The input Start Marker

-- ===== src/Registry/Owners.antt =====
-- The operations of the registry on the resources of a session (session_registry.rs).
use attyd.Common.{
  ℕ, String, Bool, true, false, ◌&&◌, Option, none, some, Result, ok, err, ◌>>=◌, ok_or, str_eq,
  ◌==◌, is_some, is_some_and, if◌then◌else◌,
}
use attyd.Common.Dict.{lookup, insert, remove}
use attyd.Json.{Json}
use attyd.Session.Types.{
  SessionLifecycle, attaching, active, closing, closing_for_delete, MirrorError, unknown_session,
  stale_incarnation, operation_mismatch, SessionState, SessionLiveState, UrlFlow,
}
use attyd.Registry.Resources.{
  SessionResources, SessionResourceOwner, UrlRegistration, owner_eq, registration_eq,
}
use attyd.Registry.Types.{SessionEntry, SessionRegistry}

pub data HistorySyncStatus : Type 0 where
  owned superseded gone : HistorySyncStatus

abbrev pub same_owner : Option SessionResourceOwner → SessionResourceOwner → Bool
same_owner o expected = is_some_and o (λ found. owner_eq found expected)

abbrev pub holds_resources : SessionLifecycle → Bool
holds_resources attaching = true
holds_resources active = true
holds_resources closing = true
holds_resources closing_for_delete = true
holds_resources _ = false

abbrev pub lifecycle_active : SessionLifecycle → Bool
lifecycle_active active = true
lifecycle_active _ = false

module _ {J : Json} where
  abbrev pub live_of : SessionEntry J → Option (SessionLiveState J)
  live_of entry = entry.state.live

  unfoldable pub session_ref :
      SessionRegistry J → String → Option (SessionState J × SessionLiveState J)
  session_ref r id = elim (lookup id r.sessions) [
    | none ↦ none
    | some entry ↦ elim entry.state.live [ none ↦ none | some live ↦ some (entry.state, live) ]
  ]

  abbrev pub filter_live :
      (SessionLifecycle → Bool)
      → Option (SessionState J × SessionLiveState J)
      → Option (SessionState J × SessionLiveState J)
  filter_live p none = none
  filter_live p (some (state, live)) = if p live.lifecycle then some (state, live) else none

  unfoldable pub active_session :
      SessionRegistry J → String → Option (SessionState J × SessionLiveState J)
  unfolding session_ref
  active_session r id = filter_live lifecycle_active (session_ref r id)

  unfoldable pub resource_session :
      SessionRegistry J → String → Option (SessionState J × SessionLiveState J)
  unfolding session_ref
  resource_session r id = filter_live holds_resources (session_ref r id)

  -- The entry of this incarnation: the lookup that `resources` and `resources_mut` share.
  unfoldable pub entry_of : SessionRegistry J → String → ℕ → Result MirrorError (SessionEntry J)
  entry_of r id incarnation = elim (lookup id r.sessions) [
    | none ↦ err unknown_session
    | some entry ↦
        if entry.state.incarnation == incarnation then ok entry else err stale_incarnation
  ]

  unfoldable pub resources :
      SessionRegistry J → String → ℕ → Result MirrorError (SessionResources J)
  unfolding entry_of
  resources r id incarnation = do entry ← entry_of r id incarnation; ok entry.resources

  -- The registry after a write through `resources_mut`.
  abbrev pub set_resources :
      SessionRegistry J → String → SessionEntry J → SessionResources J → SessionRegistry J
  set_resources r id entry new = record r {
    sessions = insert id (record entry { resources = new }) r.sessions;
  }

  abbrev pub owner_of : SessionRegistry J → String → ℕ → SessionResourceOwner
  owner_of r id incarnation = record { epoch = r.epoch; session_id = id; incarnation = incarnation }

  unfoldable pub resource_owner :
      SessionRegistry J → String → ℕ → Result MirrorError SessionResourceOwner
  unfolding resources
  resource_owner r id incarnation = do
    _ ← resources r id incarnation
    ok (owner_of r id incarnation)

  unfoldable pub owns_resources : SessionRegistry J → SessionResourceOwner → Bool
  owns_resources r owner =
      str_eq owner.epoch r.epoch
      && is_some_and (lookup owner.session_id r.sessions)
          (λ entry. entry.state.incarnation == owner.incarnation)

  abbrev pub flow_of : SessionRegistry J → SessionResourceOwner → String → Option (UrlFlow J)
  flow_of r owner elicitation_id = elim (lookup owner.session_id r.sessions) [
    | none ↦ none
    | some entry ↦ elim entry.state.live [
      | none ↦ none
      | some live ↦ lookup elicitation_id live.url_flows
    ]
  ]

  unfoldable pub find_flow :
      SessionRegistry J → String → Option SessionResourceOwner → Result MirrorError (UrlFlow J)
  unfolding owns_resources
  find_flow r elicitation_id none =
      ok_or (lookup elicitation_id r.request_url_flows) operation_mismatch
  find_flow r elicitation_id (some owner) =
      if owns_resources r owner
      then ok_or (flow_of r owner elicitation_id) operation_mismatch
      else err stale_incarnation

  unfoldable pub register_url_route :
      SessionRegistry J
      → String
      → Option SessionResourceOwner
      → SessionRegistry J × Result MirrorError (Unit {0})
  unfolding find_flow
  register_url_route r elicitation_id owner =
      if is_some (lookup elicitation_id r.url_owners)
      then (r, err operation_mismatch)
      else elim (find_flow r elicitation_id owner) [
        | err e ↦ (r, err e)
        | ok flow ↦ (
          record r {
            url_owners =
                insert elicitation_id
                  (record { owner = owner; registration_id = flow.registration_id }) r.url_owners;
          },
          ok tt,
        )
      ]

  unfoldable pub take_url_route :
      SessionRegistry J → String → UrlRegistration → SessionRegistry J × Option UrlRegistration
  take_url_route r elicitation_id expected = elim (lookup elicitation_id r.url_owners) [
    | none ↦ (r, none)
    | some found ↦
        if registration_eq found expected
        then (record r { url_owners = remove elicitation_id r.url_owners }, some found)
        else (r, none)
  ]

The input End Marker
The input Start Marker

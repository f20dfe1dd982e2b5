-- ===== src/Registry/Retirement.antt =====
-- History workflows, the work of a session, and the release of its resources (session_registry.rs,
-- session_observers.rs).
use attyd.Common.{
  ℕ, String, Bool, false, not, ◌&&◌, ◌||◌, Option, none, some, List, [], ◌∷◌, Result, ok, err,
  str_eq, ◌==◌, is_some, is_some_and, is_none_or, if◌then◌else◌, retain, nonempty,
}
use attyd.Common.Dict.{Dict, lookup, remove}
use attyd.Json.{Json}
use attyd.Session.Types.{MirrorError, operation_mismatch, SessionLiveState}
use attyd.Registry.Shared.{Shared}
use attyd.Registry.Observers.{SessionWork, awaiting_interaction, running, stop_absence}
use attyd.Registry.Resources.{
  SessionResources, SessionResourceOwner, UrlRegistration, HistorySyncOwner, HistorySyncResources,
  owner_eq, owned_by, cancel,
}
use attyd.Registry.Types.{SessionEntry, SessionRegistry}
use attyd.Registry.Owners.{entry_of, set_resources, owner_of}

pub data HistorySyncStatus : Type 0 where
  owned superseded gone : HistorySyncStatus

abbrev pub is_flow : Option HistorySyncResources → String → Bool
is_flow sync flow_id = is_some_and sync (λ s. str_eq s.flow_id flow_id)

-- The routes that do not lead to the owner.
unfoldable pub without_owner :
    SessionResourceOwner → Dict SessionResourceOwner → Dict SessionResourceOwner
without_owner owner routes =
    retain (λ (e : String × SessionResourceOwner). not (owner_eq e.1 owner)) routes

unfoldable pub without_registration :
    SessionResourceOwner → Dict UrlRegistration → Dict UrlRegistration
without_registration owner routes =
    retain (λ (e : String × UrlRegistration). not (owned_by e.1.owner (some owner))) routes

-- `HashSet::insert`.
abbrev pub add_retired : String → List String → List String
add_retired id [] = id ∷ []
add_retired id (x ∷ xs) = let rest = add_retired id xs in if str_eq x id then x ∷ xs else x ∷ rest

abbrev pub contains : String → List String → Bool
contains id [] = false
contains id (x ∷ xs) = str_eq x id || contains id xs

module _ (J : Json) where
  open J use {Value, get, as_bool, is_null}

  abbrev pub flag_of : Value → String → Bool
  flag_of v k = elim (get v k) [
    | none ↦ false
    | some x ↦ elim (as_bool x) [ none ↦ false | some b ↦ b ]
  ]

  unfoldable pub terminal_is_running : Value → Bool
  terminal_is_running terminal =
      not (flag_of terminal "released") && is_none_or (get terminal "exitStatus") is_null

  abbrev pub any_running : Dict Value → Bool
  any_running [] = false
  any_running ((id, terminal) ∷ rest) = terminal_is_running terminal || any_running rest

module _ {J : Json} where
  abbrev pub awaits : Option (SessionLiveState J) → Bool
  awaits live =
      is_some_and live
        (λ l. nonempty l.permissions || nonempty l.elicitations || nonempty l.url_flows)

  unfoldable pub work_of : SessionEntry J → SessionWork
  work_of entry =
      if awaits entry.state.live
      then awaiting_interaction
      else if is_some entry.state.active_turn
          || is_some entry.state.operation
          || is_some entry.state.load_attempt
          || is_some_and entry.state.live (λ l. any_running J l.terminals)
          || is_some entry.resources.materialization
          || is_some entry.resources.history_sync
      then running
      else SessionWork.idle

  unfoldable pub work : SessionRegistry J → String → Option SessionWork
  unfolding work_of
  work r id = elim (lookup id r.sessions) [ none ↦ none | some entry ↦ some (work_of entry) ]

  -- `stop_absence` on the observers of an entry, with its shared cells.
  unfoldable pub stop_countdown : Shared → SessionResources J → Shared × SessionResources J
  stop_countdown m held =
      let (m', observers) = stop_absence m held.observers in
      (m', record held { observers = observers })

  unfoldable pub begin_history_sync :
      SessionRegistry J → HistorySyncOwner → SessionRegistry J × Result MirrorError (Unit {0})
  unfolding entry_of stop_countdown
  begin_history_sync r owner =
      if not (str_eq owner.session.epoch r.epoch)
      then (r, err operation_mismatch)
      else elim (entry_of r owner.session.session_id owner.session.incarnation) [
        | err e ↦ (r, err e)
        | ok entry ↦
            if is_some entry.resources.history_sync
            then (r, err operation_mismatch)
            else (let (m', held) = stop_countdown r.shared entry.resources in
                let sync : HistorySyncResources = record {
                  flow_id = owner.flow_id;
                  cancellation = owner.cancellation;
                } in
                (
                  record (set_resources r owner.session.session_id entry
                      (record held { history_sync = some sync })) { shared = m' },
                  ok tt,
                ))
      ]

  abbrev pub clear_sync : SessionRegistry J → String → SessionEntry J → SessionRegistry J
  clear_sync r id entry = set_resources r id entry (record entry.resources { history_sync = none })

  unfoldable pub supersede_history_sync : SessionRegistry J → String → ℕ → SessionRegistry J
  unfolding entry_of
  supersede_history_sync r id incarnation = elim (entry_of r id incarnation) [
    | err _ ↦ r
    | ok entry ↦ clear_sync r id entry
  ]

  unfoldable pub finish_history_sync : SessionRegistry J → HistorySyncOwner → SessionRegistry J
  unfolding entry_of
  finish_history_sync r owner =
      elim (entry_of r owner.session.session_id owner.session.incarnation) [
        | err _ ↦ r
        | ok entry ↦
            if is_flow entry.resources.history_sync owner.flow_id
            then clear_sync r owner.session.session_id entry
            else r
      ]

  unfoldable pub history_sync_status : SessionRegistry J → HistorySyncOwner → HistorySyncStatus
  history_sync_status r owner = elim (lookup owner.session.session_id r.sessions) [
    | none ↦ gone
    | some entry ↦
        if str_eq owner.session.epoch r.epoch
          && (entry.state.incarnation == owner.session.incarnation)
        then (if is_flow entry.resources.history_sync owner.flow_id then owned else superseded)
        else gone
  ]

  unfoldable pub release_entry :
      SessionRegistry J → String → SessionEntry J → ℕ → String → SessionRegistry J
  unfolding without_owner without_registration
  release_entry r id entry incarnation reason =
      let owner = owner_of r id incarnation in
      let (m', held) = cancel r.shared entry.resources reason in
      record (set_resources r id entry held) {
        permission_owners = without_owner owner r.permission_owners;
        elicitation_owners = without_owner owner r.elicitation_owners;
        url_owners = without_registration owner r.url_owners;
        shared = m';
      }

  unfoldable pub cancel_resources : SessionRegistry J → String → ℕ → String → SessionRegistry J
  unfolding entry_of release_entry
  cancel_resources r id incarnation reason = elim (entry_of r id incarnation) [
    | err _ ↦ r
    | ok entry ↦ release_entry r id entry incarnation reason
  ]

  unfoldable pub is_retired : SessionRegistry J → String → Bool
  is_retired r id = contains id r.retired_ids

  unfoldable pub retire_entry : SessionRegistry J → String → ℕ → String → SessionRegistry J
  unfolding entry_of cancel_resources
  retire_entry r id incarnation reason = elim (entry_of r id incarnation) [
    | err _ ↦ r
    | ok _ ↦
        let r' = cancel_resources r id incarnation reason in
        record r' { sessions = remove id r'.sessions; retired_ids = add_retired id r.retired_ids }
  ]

The input End Marker

Locate the lines above that contain "routes" and copy them.

-- The routes that do not lead to the owner.
without_owner owner routes =
    retain (λ (e : String × SessionResourceOwner). not (owner_eq e.1 owner)) routes
without_registration owner routes =
    retain (λ (e : String × UrlRegistration). not (owned_by e.1.owner (some owner))) routes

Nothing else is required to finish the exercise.